In above example, we started from one attrabute, collect values of our interests, decide attributes, and the use lastly adopted attributes and values for sample classification. Actually the process is flexible. For example, we can use those decided attributes to search more values for our decision. For example, the following perl oneliner was to use decided attributes (in file dev1.txt
) to collect more values for making decision. Just remember to give an attribute file and a value file for generating a selection matrix.
wdlin@comp01:SOMEWHERE/dm$ cat dm_sel20240531.txt | perl -ne 'if($.==1){ open(FILE,"<extraction/dev1.txt"); while($line=<FILE>){ $line=~s/^\s+|\s+$//g; @s=split(/\t/,$line); $hash{$s[0]}=1 if $s[-1] eq "TRUE" } close FILE; } chomp; if(/<Attribute attribute_name="(.+?)".*?>(.+?)</){ print "$2\n" if exists $hash{$1} }' | perl -ne 'chomp; $hash{lc($_)}++; if(eof){ for $k (sort {$hash{$b}<=>$hash{$a}} keys %hash){ print "$k\t$hash{$k}\n" } }' > extraction/dev2.xls
Some coding approach could be applied because the above attribute-value selection method is simple for general scenario and may not fit some complex cases. For example, for fly, strain K-12 and substrain mg1655 can both be values for attributes strain and substrain. In this case, a sample might be considered as both K12 and mg1655. This could be true to some people but some other might want to separate those K-12 samples without any substrain info from samples with specific strain/substrain info of mg1655. In this case, we can fix the selection matrix by coding.

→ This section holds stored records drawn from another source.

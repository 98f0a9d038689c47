-- ===== src/Chargen.antt =====
-- simple/chargen.cpp: every client is sent the same text again and again, and counters say how
-- much. A connection is known by the index of its `stats` object, which are kept in the order of
-- `malloc`.
pub mod Counts
pub mod Service
mod Tests
use learnuv.Base.{
  ℕ, zero, suc, Bool, Option, none, some, List, [], ◌∷◌, ◌++◌, Bytes, codes, length, take,
  replicate, overwrite, ltb, if◌then◌else◌, assertion, out_of_range, use_after_free, Outcome, ok,
  fail, ◌>>=◌, ◌>>◌, require, exited,
}
use learnuv.Base.Word.{add_size, sub_size}
use learnuv.Base.Int.{ℤ, pos, negsuc}
use learnuv.Uv.{check_uv, safe_malloc, Host, Begun, after_listen}

-- `BUFSIZE`
abbrev pub buf_size : ℕ
buf_size = 4096

-- `message`
abbrev pub message : Bytes
message = codes "hello world\n"

-- `sizeof(message)`, the size of a pointer
abbrev pub message_size : ℕ
message_size = 8

-- `stats`; both are `uint64_t`.
pub record Stats : Type 0 where
  pub start : ℕ
  pub transfered : ℕ

-- The globals, and the `stats` objects, with `none` for one that was freed.
pub record Chargen : Type 0 where
  pub global_buf : Bytes
  pub transfered : ℕ
  pub ts : ℕ
  pub stats : List (Option Stats)

-- What the program does: a `uv_write`, or the line of `on_timeout`, with the bytes that were
-- transfered and the nanoseconds that it took.
pub data Output : Type 0 where
  wrote : ℕ → Bytes → Output
  rate : ℕ → ℕ → Output

-- The globals before the loop runs; `globalBuf` is zero.
abbrev pub begin : ℕ → Chargen
begin now = record { global_buf = replicate buf_size 0; transfered = 0; ts = now; stats = [] }

-- `strcpy(globalBuf, message)`
pub fill : Chargen → Outcome Chargen
fill s = do
  require (ltb (length message) (length s.global_buf)) out_of_range
  ok (record s { global_buf = overwrite 0 (message ++ 0 ∷ []) s.global_buf })

-- The object behind `req->data`
unfoldable pub find : List (Option Stats) → ℕ → Outcome Stats
find [] i = fail assertion
find (none ∷ os) zero = fail use_after_free
find (some st ∷ os) zero = ok st
find (o ∷ os) (suc i) = find os i

pub put : List (Option Stats) → ℕ → Option Stats → List (Option Stats)
put [] i new = []
put (o ∷ os) zero new = new ∷ os
put (o ∷ os) (suc i) new = o ∷ put os i new

-- `free(req->data)`, if the write failed
pub freed_on_error : Chargen → ℕ → ℤ → Chargen
unfolding put
freed_on_error s i (pos n) = s
freed_on_error s i (negsuc e) = record s { stats = put s.stats i none }

-- `on_write_end(req, status)`: after an error, the object is freed, and then the handler goes on.
pub on_write_end : Chargen → ℕ → ℤ → Outcome (List Output × Chargen)
unfolding fill find put freed_on_error
on_write_end s i status = do
  _stat ← find s.stats i
  s₂ ← fill (freed_on_error s i status)
  st ← find s₂.stats i
  let st' = record st { transfered = add_size st.transfered message_size }
  ok (
    wrote i (take message_size s₂.global_buf) ∷ [],
    record s₂ {
      stats = put s₂.stats i (some st');
      transfered = add_size s₂.transfered message_size;
    },
  )

-- What libuv and the allocator answer to `on_new_connection`
pub record Accept : Type 0 where
  pub got : Bool
  pub accepted : ℤ
  pub peer : ℤ
  pub is_inet : Bool
  pub name : ℤ
  pub now : ℕ

-- `on_new_connection(server, status)`
pub on_new_connection : Chargen → ℤ → Accept → Outcome (List Output × Chargen)
unfolding fill
on_new_connection s (negsuc e) a = ok ([], s)
on_new_connection s (pos n) a = do
  safe_malloc a.got
  check_uv a.accepted
  check_uv a.peer
  if a.is_inet then check_uv a.name else ok tt
  s' ← fill s
  ok (
    wrote (length s'.stats) (take message_size s'.global_buf) ∷ [],
    record s' { stats = s'.stats ++ some (record { start = a.now; transfered = 0 }) ∷ [] },
  )

-- `on_timeout(timer)`
pub on_timeout : Chargen → ℕ → List Output × Chargen
on_timeout s now =
    (rate s.transfered (sub_size now s.ts) ∷ [], record s { ts = now; transfered = 0 })

pub data Event : Type 0 where
  write_ended : ℕ → ℤ → Event
  connection : ℤ → Accept → Event
  timeout : ℕ → Event

pub step : Chargen → Event → Outcome (List Output × Chargen)
unfolding on_write_end on_new_connection on_timeout
step s (write_ended i status) = on_write_end s i status
step s (connection status a) = on_new_connection s status a
step s (timeout now) = ok (on_timeout s now)

pub run : Chargen → List Event → Outcome (List Output × Chargen)
unfolding step
run s [] = ok ([], s)
run s (e ∷ es) = do r ← step s e; r' ← run r.1 es; ok (r.0 ++ r'.0, r'.1)

-- `main`, into the loop, over the arguments behind the program's name; `now` is the clock at the
-- start of the program. The answer of `uv_tcp_bind` is not looked at.
unfoldable pub main : List Bytes → ℕ → Host → Outcome (Begun Chargen)
main (port ∷ []) now h = do
  safe_malloc h.got
  check_uv h.listen
  safe_malloc h.got_again
  check_uv h.timer_start
  ok (after_listen h.listen (begin now))
main _ now h = fail exited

wdlin@comp01:SOMEWHERE/ec$ head -10 extraction/ec_sel20240531.strain
SRS number strain mg1655 w3110 bw25113 ncm3722 K-12 b rb001 ar3110 wo153 OR
DRS200394 0 1 1 0 0 0 0 0 0 0 0 1
DRS200395 0 1 1 0 0 0 0 0 0 0 0 1
DRS200396 0 1 1 0 0 0 0 0 0 0 0 1
DRS200397 0 1 1 0 0 0 0 0 0 0 0 1
DRS200398 0 1 1 0 0 0 0 0 0 0 0 1
ERS1139734 0 0 0 0 0 0 0 0 0 0 0 0
ERS1146196 0 0 0 0 0 0 0 0 0 0 0 0
ERS1203249 0 1 1 0 0 0 1 0 0 0 0 1
ERS1203251 0 1 1 0 0 0 1 0 0 0 0 1
wdlin@comp01:SOMEWHERE/ec$ head -10 extraction/ec_sel20240531.strain | perl -ne 'if($.==1){ print ; next } chomp; @t=split(/\t/); ($srs,$num,$strain,$mg1655,$w3110,$bw25113,$ncm3722,$k12,$b,$rb001,$ar3110,$wo153,$or)=@t; $k12=0 if ($mg1655 || $w3110 || $bw25113 || $ncm3722); @t=($srs,$num,$strain,$mg1655,$w3110,$bw25113,$ncm3722,$k12,$b,$rb001,$ar3110,$wo153,$or); print join("\t",@t)."\n"'
SRS number strain mg1655 w3110 bw25113 ncm3722 K-12 b rb001 ar3110 wo153 OR
DRS200394 0 1 1 0 0 0 0 0 0 0 0 1
DRS200395 0 1 1 0 0 0 0 0 0 0 0 1
DRS200396 0 1 1 0 0 0 0 0 0 0 0 1
DRS200397 0 1 1 0 0 0 0 0 0 0 0 1
DRS200398 0 1 1 0 0 0 0 0 0 0 0 1
ERS1139734 0 0 0 0 0 0 0 0 0 0 0 0
ERS1146196 0 0 0 0 0 0 0 0 0 0 0 0
ERS1203249 0 1 1 0 0 0 0 0 0 0 0 1
ERS1203251 0 1 1 0 0 0 0 0 0 0 0 1
In this case, we previously considered mg1655, w3110, bw25113, ncm3722 as K-12 substrains and would like to make samples marked with these substrain not being marked by K-12 (ex: ERS1203249 and ERS1203251). So the perl oneliner was to transfer a column of values into values (($srs,$num,$strain,$mg1655,$w3110,$bw25113,$ncm3722,$k12,$b,$rb001,$ar3110,$wo153,$or)=@t
) and make some simple logic ($k12=0 if ($mg1655 || $w3110 || $bw25113 || $ncm3722)
). In so doing, the outputted selection matrix should exclude those samples with specified substrain info from K-12.